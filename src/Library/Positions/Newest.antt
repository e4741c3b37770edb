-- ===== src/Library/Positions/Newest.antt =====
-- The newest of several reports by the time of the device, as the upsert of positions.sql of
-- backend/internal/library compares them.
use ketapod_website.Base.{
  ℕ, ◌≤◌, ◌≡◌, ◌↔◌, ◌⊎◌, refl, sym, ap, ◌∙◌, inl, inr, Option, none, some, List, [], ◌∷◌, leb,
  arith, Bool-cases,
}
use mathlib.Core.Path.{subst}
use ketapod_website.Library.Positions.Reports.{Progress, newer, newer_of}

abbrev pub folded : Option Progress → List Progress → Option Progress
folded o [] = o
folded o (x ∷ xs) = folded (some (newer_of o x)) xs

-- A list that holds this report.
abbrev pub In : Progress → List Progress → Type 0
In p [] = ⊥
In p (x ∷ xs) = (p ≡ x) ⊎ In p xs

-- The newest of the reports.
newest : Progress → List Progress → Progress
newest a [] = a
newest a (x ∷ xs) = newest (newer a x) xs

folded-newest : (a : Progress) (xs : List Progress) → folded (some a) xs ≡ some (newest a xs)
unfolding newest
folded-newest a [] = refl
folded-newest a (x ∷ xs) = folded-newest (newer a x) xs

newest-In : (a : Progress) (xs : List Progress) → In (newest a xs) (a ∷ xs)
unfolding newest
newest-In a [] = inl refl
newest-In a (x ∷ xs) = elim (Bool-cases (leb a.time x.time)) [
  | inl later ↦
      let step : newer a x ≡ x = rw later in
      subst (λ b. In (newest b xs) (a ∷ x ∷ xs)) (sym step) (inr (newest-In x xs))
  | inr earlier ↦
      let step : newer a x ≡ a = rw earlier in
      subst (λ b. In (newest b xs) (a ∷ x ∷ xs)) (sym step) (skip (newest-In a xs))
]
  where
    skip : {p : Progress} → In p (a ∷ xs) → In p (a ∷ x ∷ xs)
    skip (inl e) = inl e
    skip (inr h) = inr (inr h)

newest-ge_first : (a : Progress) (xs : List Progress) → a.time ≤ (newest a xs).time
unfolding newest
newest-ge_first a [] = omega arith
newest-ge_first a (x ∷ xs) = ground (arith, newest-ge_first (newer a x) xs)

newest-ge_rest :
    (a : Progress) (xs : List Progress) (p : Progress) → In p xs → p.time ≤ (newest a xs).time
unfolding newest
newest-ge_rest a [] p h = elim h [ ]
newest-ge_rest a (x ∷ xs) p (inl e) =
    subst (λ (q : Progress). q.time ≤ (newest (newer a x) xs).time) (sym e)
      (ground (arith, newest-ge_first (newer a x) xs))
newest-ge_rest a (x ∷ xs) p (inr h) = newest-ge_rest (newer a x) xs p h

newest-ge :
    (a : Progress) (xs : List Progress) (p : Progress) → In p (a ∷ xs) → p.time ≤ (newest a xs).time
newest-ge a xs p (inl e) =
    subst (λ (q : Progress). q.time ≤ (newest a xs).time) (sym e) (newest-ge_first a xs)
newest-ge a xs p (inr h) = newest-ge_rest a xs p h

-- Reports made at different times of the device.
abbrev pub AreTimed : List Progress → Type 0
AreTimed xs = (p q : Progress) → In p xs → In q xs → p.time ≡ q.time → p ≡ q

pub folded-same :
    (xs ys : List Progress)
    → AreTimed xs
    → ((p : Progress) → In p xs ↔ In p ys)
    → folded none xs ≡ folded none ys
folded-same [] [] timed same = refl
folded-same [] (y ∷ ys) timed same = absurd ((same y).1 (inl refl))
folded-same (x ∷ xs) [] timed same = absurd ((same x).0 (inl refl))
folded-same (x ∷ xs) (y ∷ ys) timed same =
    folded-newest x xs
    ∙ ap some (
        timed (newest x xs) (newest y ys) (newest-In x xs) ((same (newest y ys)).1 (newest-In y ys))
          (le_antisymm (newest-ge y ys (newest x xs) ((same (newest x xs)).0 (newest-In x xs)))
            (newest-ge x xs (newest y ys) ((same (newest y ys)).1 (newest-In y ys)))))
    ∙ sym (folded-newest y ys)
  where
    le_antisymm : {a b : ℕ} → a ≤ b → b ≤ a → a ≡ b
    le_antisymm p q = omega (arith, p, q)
---
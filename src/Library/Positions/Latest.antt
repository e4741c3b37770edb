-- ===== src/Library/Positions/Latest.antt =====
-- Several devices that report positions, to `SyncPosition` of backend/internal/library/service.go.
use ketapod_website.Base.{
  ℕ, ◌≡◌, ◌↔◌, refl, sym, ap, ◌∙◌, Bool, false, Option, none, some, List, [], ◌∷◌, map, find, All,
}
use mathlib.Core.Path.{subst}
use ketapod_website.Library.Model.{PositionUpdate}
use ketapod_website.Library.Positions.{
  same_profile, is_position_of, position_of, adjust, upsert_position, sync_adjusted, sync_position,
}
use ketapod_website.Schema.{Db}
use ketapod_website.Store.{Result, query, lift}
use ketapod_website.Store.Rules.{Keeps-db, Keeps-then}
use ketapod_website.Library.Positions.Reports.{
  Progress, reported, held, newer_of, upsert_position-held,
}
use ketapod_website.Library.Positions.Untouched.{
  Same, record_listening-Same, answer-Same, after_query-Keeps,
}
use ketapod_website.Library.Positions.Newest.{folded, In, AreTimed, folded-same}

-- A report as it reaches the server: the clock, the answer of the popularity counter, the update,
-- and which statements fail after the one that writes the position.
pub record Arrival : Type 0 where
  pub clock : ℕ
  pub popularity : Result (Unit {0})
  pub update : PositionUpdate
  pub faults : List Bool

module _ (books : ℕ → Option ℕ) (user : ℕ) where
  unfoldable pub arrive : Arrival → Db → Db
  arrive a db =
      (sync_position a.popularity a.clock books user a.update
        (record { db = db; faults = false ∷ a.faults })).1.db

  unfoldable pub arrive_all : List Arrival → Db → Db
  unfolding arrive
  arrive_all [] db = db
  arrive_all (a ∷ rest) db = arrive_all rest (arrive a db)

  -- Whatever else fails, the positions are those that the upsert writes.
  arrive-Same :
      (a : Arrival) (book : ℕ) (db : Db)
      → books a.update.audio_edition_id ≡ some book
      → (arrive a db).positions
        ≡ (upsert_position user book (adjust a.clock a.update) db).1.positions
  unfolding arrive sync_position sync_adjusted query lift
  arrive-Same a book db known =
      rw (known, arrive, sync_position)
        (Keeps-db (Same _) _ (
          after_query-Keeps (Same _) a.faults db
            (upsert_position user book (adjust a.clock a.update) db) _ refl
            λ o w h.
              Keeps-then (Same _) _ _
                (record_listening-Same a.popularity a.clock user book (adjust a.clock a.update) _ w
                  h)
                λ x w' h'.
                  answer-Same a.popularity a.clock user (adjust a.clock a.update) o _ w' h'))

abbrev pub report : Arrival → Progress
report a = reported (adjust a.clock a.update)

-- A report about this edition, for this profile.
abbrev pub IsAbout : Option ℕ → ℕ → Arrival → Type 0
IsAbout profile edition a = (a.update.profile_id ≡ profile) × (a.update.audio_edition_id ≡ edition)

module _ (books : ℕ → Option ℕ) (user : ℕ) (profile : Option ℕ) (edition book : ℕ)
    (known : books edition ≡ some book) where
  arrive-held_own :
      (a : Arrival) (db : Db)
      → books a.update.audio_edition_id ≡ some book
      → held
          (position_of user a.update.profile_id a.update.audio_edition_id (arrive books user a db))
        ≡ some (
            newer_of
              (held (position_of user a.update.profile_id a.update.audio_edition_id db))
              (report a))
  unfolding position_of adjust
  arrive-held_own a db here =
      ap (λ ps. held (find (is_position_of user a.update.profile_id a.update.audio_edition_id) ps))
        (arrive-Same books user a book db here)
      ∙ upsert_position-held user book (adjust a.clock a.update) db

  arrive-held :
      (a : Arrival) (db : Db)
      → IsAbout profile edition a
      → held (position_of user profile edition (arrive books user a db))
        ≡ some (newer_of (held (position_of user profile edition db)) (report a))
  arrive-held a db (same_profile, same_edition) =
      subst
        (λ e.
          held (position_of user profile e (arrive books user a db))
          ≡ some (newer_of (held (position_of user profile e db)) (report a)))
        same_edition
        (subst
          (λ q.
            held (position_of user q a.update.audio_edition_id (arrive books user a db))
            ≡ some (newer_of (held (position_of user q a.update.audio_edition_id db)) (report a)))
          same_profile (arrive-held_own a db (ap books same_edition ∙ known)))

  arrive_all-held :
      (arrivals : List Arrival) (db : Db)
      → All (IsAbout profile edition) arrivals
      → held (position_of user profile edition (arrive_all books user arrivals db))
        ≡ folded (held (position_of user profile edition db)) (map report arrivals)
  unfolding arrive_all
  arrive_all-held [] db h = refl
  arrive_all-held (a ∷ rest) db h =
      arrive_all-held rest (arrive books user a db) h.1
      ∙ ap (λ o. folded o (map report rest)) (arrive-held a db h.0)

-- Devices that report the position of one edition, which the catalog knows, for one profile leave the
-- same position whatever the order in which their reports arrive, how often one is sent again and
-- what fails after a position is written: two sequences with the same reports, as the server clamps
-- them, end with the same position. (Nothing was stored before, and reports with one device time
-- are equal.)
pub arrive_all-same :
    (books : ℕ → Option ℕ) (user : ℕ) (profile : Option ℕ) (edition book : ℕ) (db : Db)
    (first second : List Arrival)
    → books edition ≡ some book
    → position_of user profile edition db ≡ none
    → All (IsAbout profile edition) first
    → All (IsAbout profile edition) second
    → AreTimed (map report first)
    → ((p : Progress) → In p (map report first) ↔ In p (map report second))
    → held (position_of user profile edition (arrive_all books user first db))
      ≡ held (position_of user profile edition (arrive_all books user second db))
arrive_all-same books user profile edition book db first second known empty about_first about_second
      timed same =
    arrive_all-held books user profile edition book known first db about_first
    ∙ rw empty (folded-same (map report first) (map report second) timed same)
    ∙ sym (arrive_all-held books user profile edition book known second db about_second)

*TASK INSTRUCTIONS*. How many lines of these entries contain the string "where"? Reply with the number alone.

*REPLY*. 5